Children of mothers who drink relatively more cow’s milk during breastfeeding are at reduced risk of developing food allergies. That is the conclusion of researchers from Chalmers University of Technology, Sweden, in a new study published in the scientific journal Nutrients.

The result is based on a survey of more than 500 Swedish women’s eating habits and the prevalence of allergies in their children at one year of age.

“We have found that mothers of healthy one-year-olds consumed more cow’s milk during breastfeeding than mothers of allergic one-year-olds. Though the association is clear, we do not claim that drinking cow’s milk would be a general cure for food allergies”, says Mia Stråvik, doctoral student in the Division of Food Science at Chalmers University of Technology, and first author of the study.

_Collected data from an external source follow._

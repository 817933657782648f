-- ===== src/Examples.antt =====
-- The theorems at concrete orders, books and transactions.
mod Data
mod Books
mod Orders
mod Transactions
mod Models
mod Trees
mod Events
mod Machines
mod Codecs
mod Managers
mod Processors
mod Subscribers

She points out that allergy to milk protein is uncommon in adults, so most women can consume milk and dairy products themselves without issue. Lactose intolerance is something completely different when the body cannot break down milk sugars. And in this case, lactose-free dairy products are tolerated by the body.

The study is part of a more extensive research project built around a family cohort study of 655 families who gave birth at Sunderby Hospital near Luleå, northern Sweden, during the years 2015 – 2018. The project was initiated, and the cohort established, by Ann-Sofie Sandberg from Chalmers, Professor Agnes Wold at the University of Gothenburg and the chief physician and paediatric allergist Anna Sandin, affiliated with Umeå University and Sunderby Hospital.

Another result in the study that Mia Stråvik highlights is that children of breastfeeding mothers, who at the four-month measurement were eating a lot of fruit and berries, tended to suffer from eczema to a much greater extent – though she stresses that further studies are needed before anything can be said with certainty about this connection. A follow-up study is currently underway to examine the children’s health at the age of four.